Materials and Methods

Patients

Iraqi women age 50 – 78 years old with breast cancer were diagnosed according to the National Comprehensive Cancer Network (NCCN) clinical practice guideline [1]. These women were inpatients randomly recruited from the oncology department of Imam Al-Hussein Medical City after obtaining consent. Women were considered for inclusion in this study if they received paclitaxel as monotherapy at 80 mg/m², administered as a 1-hour intravenous infusion every week for at least two cycles, with no other concurrent diseases. Women with cardiovascular diseases, diabetes mellitus, hepatic dysfunction, hyperthyroidism, taking drugs that affect paclitaxel’s pharmacokinetic and pharmacodynamic properties, such as ketoconazole, erythromycin, rifampin, phenytoin, abaloparatide, abametapir, abatacept, and abciximab were excluded.

Determination of sample’s size

The number of women involved in this study was calculated using Fisher’s formula. The population size of the target category was knowing from the oncology department of Imam Al-Hussein Medical City which is about 242 women with breast cancer and received paclitaxel [18]..

N = (Z2PQ)/d2------------------------------------- [19]

Where N is the desired sample size and p is the prevalence and could consider p=50%=0.5 due to the expect proportion was obscured., whereas Q=1-p = 0.5, Z is the standard normal deviation of 1.96 at 95% CI, and D is an error agreeable limit of 0.05 at 95% CI. Thus,

N = ((1.96)2 X 0.5 X 0.5)/(0.05)2 = 384

The desired size could diminish using the reduction formula because the population size is < 10,000:

R = N/(1+ N⁄n)------------------- [18]

Where n is the population size of women involved in the study.

Then,

R = 384/(1+ 242) = 149.6

These 150 women were randomly selected.

Study design

The cross-sectional observational study was conducted from December 2024 to March 2025, which involved 150 women with breast cancer who received paclitaxel. These women were assessed individually in the 2nd week of paclitaxel therapy using a questionnaire to obtain demographic data, including age and body mass index (BMI), and the probability and severity of paclitaxel’s side effects. At the same time, neutrophilia count and breast cancer markers were assessed.

Blood collection

From each woman, approximately 6 mL of blood was withdrawn and divided into two parts: 2 mL was placed in an EDTA tube for the absolute neutrophil count (ANC) and genetic analysis, and 4 mL was placed in a gel tube to obtain serum for assessment of breast cancer markers.

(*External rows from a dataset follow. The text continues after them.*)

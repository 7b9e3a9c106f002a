-- ===== src/Orchestration/Freshness/Laws.antt =====
-- A migration is stable: what it decides is not undone by the same history.
use ai_augmented_generation.Prelude.{
  ◌≡◌, ◌≢◌, ◌⊎◌, refl, sym, ◌∙◌, inl, inr, ℕ, zero, suc, ◌+◌, ◌-◌, ◌*◌, ◌≤◌, ◌<◌, Option, none,
  some, List, [], ◌∷◌, All, ltb, leb, leb→le, le→leb, Bool-cases, length, drop, arith,
}
use ai_augmented_generation.Prelude.Sort.{
  IsTotal, IsDescending, sorted_desc-IsDescending, All-sorted_desc,
}
use ai_augmented_generation.Orchestration.Freshness.{
  IngestionRoute, rag_only, cag_with_rag_backup, mag, FreshnessPolicy, DataSource,
  MigrationDecision, in_order, last_of, observed_change_interval, last_times, until, demotion,
  demote_recent, promote_quiet, decide_for, decide_migration,
}

pub ltb-IsTotal : IsTotal ltb
ltb-IsTotal = record { asym = λ x y h. ground arith; at_most_trans = λ x y z h h'. ground arith }

-- In order, the first is not after the last.
last_of-le : (t : ℕ) (times : List ℕ) → IsDescending ltb (t ∷ times) → t ≤ last_of t times
unfolding last_of
last_of-le t [] h = omega arith
last_of-le t (t' ∷ times) h = ground (arith, last_of-le t' times (h.1), h.0.0)

pub until-All : (now : ℕ) (times : List ℕ) → All (λ t. t ≤ now) (until now times)
unfolding until
until-All now [] = tt
until-All now (t ∷ times) = elim (Bool-cases (leb t now)) [
  | inl e ↦ rw e (leb→le t now e, until-All now times)
  | inr e ↦ rw e (until-All now times)
]

drop-nil : (k : ℕ) → drop {A = ℕ} k [] ≡ []
drop-nil zero = refl
drop-nil (suc k) = refl

-- What stands first from some place on is not after the last.
first_of_drop :
    (k t : ℕ) (times : List ℕ) (u : ℕ) (us : List ℕ)
    → IsDescending ltb (t ∷ times)
    → drop k (t ∷ times) ≡ u ∷ us
    → u ≤ last_of t times
unfolding last_of
first_of_drop zero t times u us h e = ground (arith, last_of-le t times h)
first_of_drop (suc k) t [] u us h e = ground (arith, drop-nil k)
first_of_drop (suc k) t (t' ∷ times) u us h e = first_of_drop k t' times u us (h.1) e

pub last_of-le_now :
    (now t : ℕ) (times : List ℕ) → All (λ u. u ≤ now) (t ∷ times) → last_of t times ≤ now
unfolding last_of
last_of-le_now now t [] h = h.0
last_of-le_now now t (t' ∷ times) h = last_of-le_now now t' times (h.1)

-- What holds where the recent times lead to a demotion.
pub demote_recent-demotion :
    (needed window now u : ℕ) (us : List ℕ) (d : MigrationDecision)
    → demote_recent needed window now (u ∷ us) ≡ some d
    → (needed ≤ length (u ∷ us))
      × (now < u + window)
      × (demotion (observed_change_interval (u ∷ us)) ≡ some d)
demote_recent-demotion needed window now u us d e =
    elim (Bool-cases (ltb (length (u ∷ us)) needed)) [
      | inl few ↦ absurd (some-ne-none (sym e ∙ rw few refl))
      | inr enough ↦ elim (Bool-cases (leb (u + window) now)) [
        | inl old ↦ absurd (some-ne-none (sym e ∙ rw (enough, old) refl))
        | inr young ↦ (ground arith, ground arith, sym (rw (enough, young) refl) ∙ e)
      ]
    ]
  where
    some-ne-none : some d ≢ none
    some-ne-none h = cc

demote_recent-some :
    (needed window now : ℕ) (recent : List ℕ) (d : MigrationDecision)
    → demote_recent needed window now recent ≡ some d
    → (d.to_route ≡ rag_only) × ((u : ℕ) × (us : List ℕ) × (recent ≡ u ∷ us) × (now < u + window))
demote_recent-some needed window now [] d e = cc
demote_recent-some needed window now (u ∷ us) d e =
    let (enough, young, demoted) = demote_recent-demotion needed window now u us d e in
    (to_rag (observed_change_interval (u ∷ us)) demoted, (u, us, refl, young))
  where
    to_rag : (interval : Option ℕ) → demotion interval ≡ some d → d.to_route ≡ rag_only
    to_rag none h = cc
    to_rag (some interval) h = cc

promote_quiet-some :
    (window now t : ℕ) (times : List ℕ) (d : MigrationDecision)
    → promote_quiet window now (t ∷ times) ≡ some d
    → (d.to_route ≡ cag_with_rag_backup)
      × (d.interval ≡ now - last_of t times)
      × (window ≤ now - last_of t times)
promote_quiet-some window now t times d e = (ground arith, ground arith, ground arith)

promote_quiet-none :
    (window now t : ℕ) (times : List ℕ)
    → last_of t times ≤ now
    → now < last_of t times + window
    → promote_quiet window now (t ∷ times) ≡ none
promote_quiet-none window now t times past young = ground arith

demote_recent-none :
    (needed window now u : ℕ) (us : List ℕ)
    → u + window ≤ now
    → demote_recent needed window now (u ∷ us) ≡ none
demote_recent-none needed window now u us old = elim (Bool-cases (ltb (length (u ∷ us)) needed)) [
  | inl few ↦ rw few refl
  | inr enough ↦ rw (enough, le→leb (u + window) now old) refl
]

-- A positive multiple grows with the factor.
mul_mono : (b k p : ℕ) → k ≤ p → b * k ≤ b * p
mul_mono b k p h = grind arith

module _ {F : Type 0} (policy : FreshnessPolicy F)
    (exceeds : policy.demote_after_changes < policy.promote_after_quiet_multiple) where
  windows :
      policy.volatile_below * policy.demote_after_changes
      ≤ policy.volatile_below * policy.promote_after_quiet_multiple
  windows =
      mul_mono policy.volatile_below policy.demote_after_changes policy.promote_after_quiet_multiple
        (omega arith)

  demoted_stays :
      (history : List ℕ) (now : ℕ) (d : MigrationDecision)
      → IsDescending ltb history
      → All (λ t. t ≤ now) history
      → decide_for policy cag_with_rag_backup history now ≡ some d
      → (d.to_route ≡ rag_only) × (decide_for policy rag_only history now ≡ none)
  unfolding decide_for last_times
  demoted_stays [] now d ordered past e =
      let needed = policy.demote_after_changes + 1 in
      let k : ℕ = length {A = ℕ} [] - needed in
      let (to_rag, (u, us, same, young)) =
        demote_recent-some needed (policy.volatile_below * policy.demote_after_changes) now
          (drop k []) d e in
      cc (drop-nil k, same)
  demoted_stays (t ∷ times) now d ordered past e =
      let needed = policy.demote_after_changes + 1 in
      let window = policy.volatile_below * policy.demote_after_changes in
      let recent = drop (length (t ∷ times) - needed) (t ∷ times) in
      let (to_rag, (u, us, same, young)) = demote_recent-some needed window now recent d e in
      (
        to_rag,
        promote_quiet-none (policy.volatile_below * policy.promote_after_quiet_multiple) now t times
            (last_of-le_now now t times past)
            (omega (
              arith,
              young,
              windows,
              first_of_drop (length (t ∷ times) - needed) t times u us ordered same,
            )),
      )

  promoted_stays :
      (history : List ℕ) (now : ℕ) (d : MigrationDecision)
      → IsDescending ltb history
      → All (λ t. t ≤ now) history
      → decide_for policy rag_only history now ≡ some d
      → (d.to_route ≡ cag_with_rag_backup)
        × (decide_for policy cag_with_rag_backup history now ≡ none)
  unfolding decide_for last_times
  promoted_stays [] now d ordered past e = cc
  promoted_stays (t ∷ times) now d ordered past e =
      let needed = policy.demote_after_changes + 1 in
      let k = length (t ∷ times) - needed in
      let (to_cag, same, quiet) =
        promote_quiet-some (policy.volatile_below * policy.promote_after_quiet_multiple) now t times
          d e in
      (to_cag, by_recent k (drop k (t ∷ times)) refl quiet)
    where
      by_recent :
          (k : ℕ) (recent : List ℕ)
          → drop k (t ∷ times) ≡ recent
          → policy.volatile_below * policy.promote_after_quiet_multiple ≤ now - last_of t times
          → demote_recent
              (policy.demote_after_changes + 1)
              (policy.volatile_below * policy.demote_after_changes)
              now
              (drop k (t ∷ times))
            ≡ none
      by_recent k [] e' quiet = rw e' refl
      by_recent k (u ∷ us) e' quiet = rw e' (
          demote_recent-none (policy.demote_after_changes + 1)
            (policy.volatile_below * policy.demote_after_changes) now u us
            (omega (
              arith,
              windows,
              quiet,
              last_of-le_now now t times past,
              first_of_drop k t times u us ordered e',
            )))

  -- Where the policy is valid, a migration is stable: once it is made, the same history, at the
  -- same time, decides none.
  pub decide_migration_stable :
      {Uuid : Type 0} (source : DataSource Uuid) (version_times : List ℕ) (now : ℕ)
      (d : MigrationDecision)
      → decide_migration policy source version_times now ≡ some d
      → decide_migration policy (record source { route = d.to_route }) version_times now ≡ none
  unfolding decide_migration
  decide_migration_stable source version_times now d e = by_route source.route e
    where
      history : List ℕ
      history = in_order (until now version_times)

      ordered : IsDescending ltb history
      ordered = sorted_desc-IsDescending ltb ltb-IsTotal (until now version_times)

      past : All (λ t. t ≤ now) history
      past =
          All-sorted_desc ltb (λ t. t ≤ now) (until now version_times) (until-All now version_times)

      by_route :
          (route : IngestionRoute)
          → decide_for policy route history now ≡ some d
          → decide_for policy d.to_route history now ≡ none
      by_route mag h = unfold decide_for in cc
      by_route cag_with_rag_backup h =
          let (to_rag, none_then) = demoted_stays history now d ordered past h in
          rw to_rag none_then
      by_route rag_only h =
          let (to_cag, none_then) = promoted_stays history now d ordered past h in
          rw to_cag none_then

promote_quiet-cached :
    (window now : ℕ) (history : List ℕ) (d : MigrationDecision)
    → promote_quiet window now history ≡ some d
    → d.to_route ≡ cag_with_rag_backup
promote_quiet-cached window now [] d e = cc
promote_quiet-cached window now (t ∷ times) d e = (promote_quiet-some window now t times d e).0

-- A migration takes a source from a route that is not MAG to one that is not.
pub decide_for-routes :
    {F : Type 0} (policy : FreshnessPolicy F) (route : IngestionRoute) (history : List ℕ) (now : ℕ)
    (d : MigrationDecision)
    → decide_for policy route history now ≡ some d
    → (route ≢ mag) × ((d.to_route ≡ rag_only) ⊎ (d.to_route ≡ cag_with_rag_backup))
unfolding decide_for
decide_for-routes policy mag history now d e = cc
decide_for-routes policy rag_only history now d e = (
  λ same. cc,
  inr (
      promote_quiet-cached (policy.volatile_below * policy.promote_after_quiet_multiple) now history
        d e),
)
decide_for-routes policy cag_with_rag_backup history now d e = (
  λ same. cc,
  inl (
      (demote_recent-some (policy.demote_after_changes + 1)
        (policy.volatile_below * policy.demote_after_changes) now
        (last_times (policy.demote_after_changes + 1) history) d e).0),
)

pub decide_migration-routes :
    {F Uuid : Type 0} (policy : FreshnessPolicy F) (source : DataSource Uuid) (times : List ℕ)
    (now : ℕ) (d : MigrationDecision)
    → decide_migration policy source times now ≡ some d
    → (source.route ≢ mag) × ((d.to_route ≡ rag_only) ⊎ (d.to_route ≡ cag_with_rag_backup))
unfolding decide_migration
decide_migration-routes policy source times now d e =
    decide_for-routes policy source.route (in_order (until now times)) now d e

Breast cancer markers measurement

The serum CA15.3 and CEA levels were measured using the chemiluminescent microparticle immunoassay technology [19] with the aid of ARCHITECT i1000SR immunoassay analyzer and CA15.3 and CEA kits (Abbott, USA).

White cell count

Differential complete blood count was carried out to assess hematological parameters, mainly the ANC, which is a critical indicator for evaluating bone marrow function and chemotherapy-induced myelosuppression in breast cancer patients receiving paclitaxel therapy. This test was performed by using an automated Swelab Alfa Hematology Analyzer (Boule Diagnostics AB, Sweden).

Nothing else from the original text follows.